Aim of the exercise: Scan the lines below for "else" and copy the matches.

(Records from a data collection)

== Segment start ==

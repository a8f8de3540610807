-- ===== src/Common/Monad.antt =====
-- A method call of a Python object: state and exceptions. The state comes back after a raise too,
-- since what was written stays written.
use mathlib.Core.Path.{◌≡◌, refl, ap}
use mathlib.Core.Logic.{◌⊎◌, inl, inr}
use mathlib.Core.Bool.{Bool, true, false}
use vision_tactile_dataset.Common.Tests.{if◌then◌else◌}

pub data Result (E A : Type 0) : Type 0 where
  ok : A → Result E A
  err : E → Result E A

abbrev pub Action : Type 0 → Type 0 → Type 0 → Type 0
Action S E A = S → Result E A × S

module _ {S E A : Type 0} where
  abbrev pub pure : A → Action S E A
  pure a s = (ok a, s)

  abbrev pub raise : E → Action S E A
  raise e s = (err e, s)

  abbrev pub gets : (S → A) → Action S E A
  gets f s = (ok (f s), s)

infixl 5 ◌>>=◌ ◌>>◌
abbrev pub ◌>>=◌ : {S E A B : Type 0} → Action S E A → (A → Action S E B) → Action S E B
◌>>=◌ m f s = let (r, s') = m s in elim r [ ok a ↦ f a s' | err e ↦ (err e, s') ]

abbrev pub ◌>>◌ : {S E A B : Type 0} → Action S E A → Action S E B → Action S E B
m >> k = m >>= λ _. k

module _ {S E : Type 0} where
  abbrev pub modify : (S → S) → Action S E (Unit {0})
  modify f s = (ok tt, f s)

  abbrev pub raise_if : Bool → E → Action S E (Unit {0})
  raise_if c e s = (if c then err e else ok tt, s)

pub Result-cases :
    {E A : Type 0} (r : Result E A) → ((a : A) × (r ≡ ok a)) ⊎ ((e : E) × (r ≡ err e))
Result-cases (ok a) = inl (a, refl)
Result-cases (err e) = inr (e, refl)

pub bind-eq :
    {S E A B : Type 0} (m : Action S E A) (k : A → Action S E B) (s : S) {a : A} {s' : S}
    → m s ≡ (ok a, s')
    → (m >>= k) s ≡ k a s'
bind-eq m k s q = ap (λ r. ◌>>=◌ (λ _. r) k s) q

-- What holds of the state after `m >>= k`: by how `m` ended.
module _ {S E A B : Type 0} (P : S → Type 0) where
  resume :
      (k : A → Action S E B) (s : S) (r : Result E A)
      → ((e : E) → r ≡ err e → P s)
      → ((a : A) → r ≡ ok a → P (k a s).1)
      → P (◌>>=◌ (λ _. (r, s)) k s).1
  resume k s (ok a) g f = f a refl
  resume k s (err e) g f = g e refl

  pub bind-rule :
      (m : Action S E A) (k : A → Action S E B) (s : S)
      → ((e : E) → (m s).0 ≡ err e → P (m s).1)
      → ((a : A) → (m s).0 ≡ ok a → P (k a (m s).1).1)
      → P ((m >>= k) s).1
  bind-rule m k s g f = resume k (m s).1 (m s).0 g f

  -- Where it holds after `m` in any case.
  pub bind-keeps :
      (m : Action S E A) (k : A → Action S E B) (s : S)
      → P (m s).1
      → ((a : A) → (m s).0 ≡ ok a → P (k a (m s).1).1)
      → P ((m >>= k) s).1
  bind-keeps m k s h f = bind-rule m k s (λ e q. h) f

abbrev pub is_ok : {E A : Type 0} → Result E A → Bool
is_ok (ok a) = true
is_ok (err e) = false

-- What holds of the result and the state of a call that returns.
abbrev pub Ends : {S E A : Type 0} → (A → S → Type 0) → Result E A × S → Type 0
Ends P (ok a, s) = P a s
Ends P (err e, s) = Unit

module _ {S E A B : Type 0} (P : B → S → Type 0) where
  resume-Ends :
      (k : A → Action S E B) (s : S) (r : Result E A)
      → ((a : A) → r ≡ ok a → Ends P (k a s))
      → Ends P (◌>>=◌ (λ _. (r, s)) k s)
  resume-Ends k s (ok a) f = f a refl
  resume-Ends k s (err e) f = tt

  pub bind-Ends :
      (m : Action S E A) (k : A → Action S E B) (s : S)
      → ((a : A) → (m s).0 ≡ ok a → Ends P (k a (m s).1))
      → Ends P ((m >>= k) s)
  bind-Ends m k s f = resume-Ends k (m s).1 (m s).0 f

== Segment end ==

Answer to the problem:
use vision_tactile_dataset.Common.Tests.{if◌then◌else◌}
  raise_if c e s = (if c then err e else ok tt, s)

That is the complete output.